The U.S. Fish and Wildlife Service held a public hearing Monday night to get comments on the proposal, which reverses a 2005 decision to remove the mouse from federal protection here.
The response was a squeak. Four people showed up to speak, of about two dozen in attendance.
Kent Holsinger, a Golden attorney who represents developers and others who want to see it delisted, said many people are concerned, even if they weren’t there Monday.
“When people work for a living, it’s awfully tough to come to a meeting at 4 p.m. and a hearing at 6,” he said. “But yes, I think people are very upset.
“Why are we spending so much taxpayer money, landowner money, on a mouse no one can tell apart?”
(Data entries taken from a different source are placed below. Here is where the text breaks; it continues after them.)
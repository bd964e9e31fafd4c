-- ===== src/Service/Migration/Copies/Extends.antt =====
-- agent/cg-agent/src/service/migration.rs: a report of the pass that grows.
use cyber_guard_enterprise.Prelude.{◌≡◌, true, [], ◌∷◌, ◌++◌, Option, some, Text, inl, inr, ◌⊎◌}
use cyber_guard_enterprise.Service.Migration.Entries.{has_name}
use cyber_guard_enterprise.Service.Migration.Host.{Record}
use cyber_guard_enterprise.Service.Migration.Files.Private.{has_name-append}
use cyber_guard_enterprise.Service.Migration.Copies.{Copies, missed}

-- A copy is in the report: restricted, or not reached.
abbrev pub IsReported : Copies → Text → Type 0
IsReported report name =
    (has_name name report.restricted ≡ true) ⊎ (has_name name report.not_reached ≡ true)

pub some-some : {a b : Record} → ◌≡◌ {A = Option Record} (some a) (some b) → a ≡ b
some-some h = cc

-- One report after another: it loses no name.
pub record Extends (report report' : Copies) : Type 0 where
  pub restricts :
      (name : Text)
      → has_name name report.restricted ≡ true
      → has_name name report'.restricted ≡ true
  pub misses :
      (name : Text)
      → has_name name report.not_reached ≡ true
      → has_name name report'.not_reached ≡ true

pub Extends-IsReported :
    (report report' : Copies)
    → Extends report report'
    → (name : Text) → IsReported report name
    → IsReported report' name
Extends-IsReported report report' e name (inl h) = inl (e.restricts name h)
Extends-IsReported report report' e name (inr h) = inr (e.misses name h)

pub Extends-refl : (report : Copies) → Extends report report
Extends-refl report = record { restricts = λ name h. h; misses = λ name h. h }

pub Extends-trans : (a b c : Copies) → Extends a b → Extends b c → Extends a c
Extends-trans a b c f g = record {
  restricts = λ name h. g.restricts name (f.restricts name h);
  misses = λ name h. g.misses name (f.misses name h);
}

pub missed-Extends : (name : Text) (report : Copies) → Extends report (missed name report)
missed-Extends name report = record {
  restricts = λ n h. h;
  misses = λ n h. has_name-append n report.not_reached (name ∷ []) h;
}

pub restricted-Extends :
    (name : Text) (report : Copies)
    → Extends report (record report { restricted = report.restricted ++ name ∷ [] })
restricted-Extends name report = record {
  restricts = λ n h. has_name-append n report.restricted (name ∷ []) h;
  misses = λ n h. h;
}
The 3-inch mouse with the 5-inch tail, which can jump 18 inches in the air, lives only along creeks and rivers of the Front Range of Colorado and in Wyoming. El Paso County, from the Air Force Academy northward, has the best-documented population in Colorado, and development in the area could be affected.
It was put on the endangered species list in 1998 because much of its habitat has been destroyed by development. But it was proposed for delisting in 2005, after a study concluded it is not a separate animal from an identical common jumping mouse.
Other studies disagreed, and a panel of scientists commissioned by the agency concurred that Preble’s is its own subspecies, and last month the decision was announced.
Though officials didn’t mention it Monday, there have been allegations that Julie MacDonald, former deputy assistant secretary of the Interior Department, exercised improper influence in the decision over eight species, including Preble’s.
But in the same decision, they proposed to remove it from protection in Wyoming, where it is not threatened by as much development.
In Colorado, the human population in the seven-county range is expected to increase by 1.5 million through 2040. But in the four Wyoming counties, the anticipated increase is only 18,000 people.
Two speakers from the Center for Native Ecoystems, an environmental group, urged officials to restore protection in Wyoming.
“The service has chosen to delist on a political boundary, even though its own research shows it is rare in (Wyoming’s) North Platte River Basin,” said biologist Erin Robertson. “It makes no sense for mice to lose protection once they jump across a state line.”
The only other speaker was Mark Johnston, the deputy director of environmental services of El Paso County.
He read a statement from the county commissioners, who wrote that “significant voluntary preservation measures implemented along the Front Range in general, and in El Paso County specifically, have not been taken into account in the delisting process.”
If the Fish and Wildlife Service decision stands — officials will make the final determination by June 30 — developers and property owners would continue to be required to conduct surveys for the mouse’s presence and avoid disturbing mouse habitat.
CONTACT THE WRITER: 476-1605 or scott.rappold@gazette.com
PUBLIC COMMENT
The agency is taking public comments through Jan. 22. They can be mailed to Field Supervisor, Colorado Field Office, Ecological Services, PO Box 25486, Denver Federal Center, Denver, CO 80225. Comments can be faxed to (303) 236-4005 or e-mailed to FW6_PMJM@fws.gov.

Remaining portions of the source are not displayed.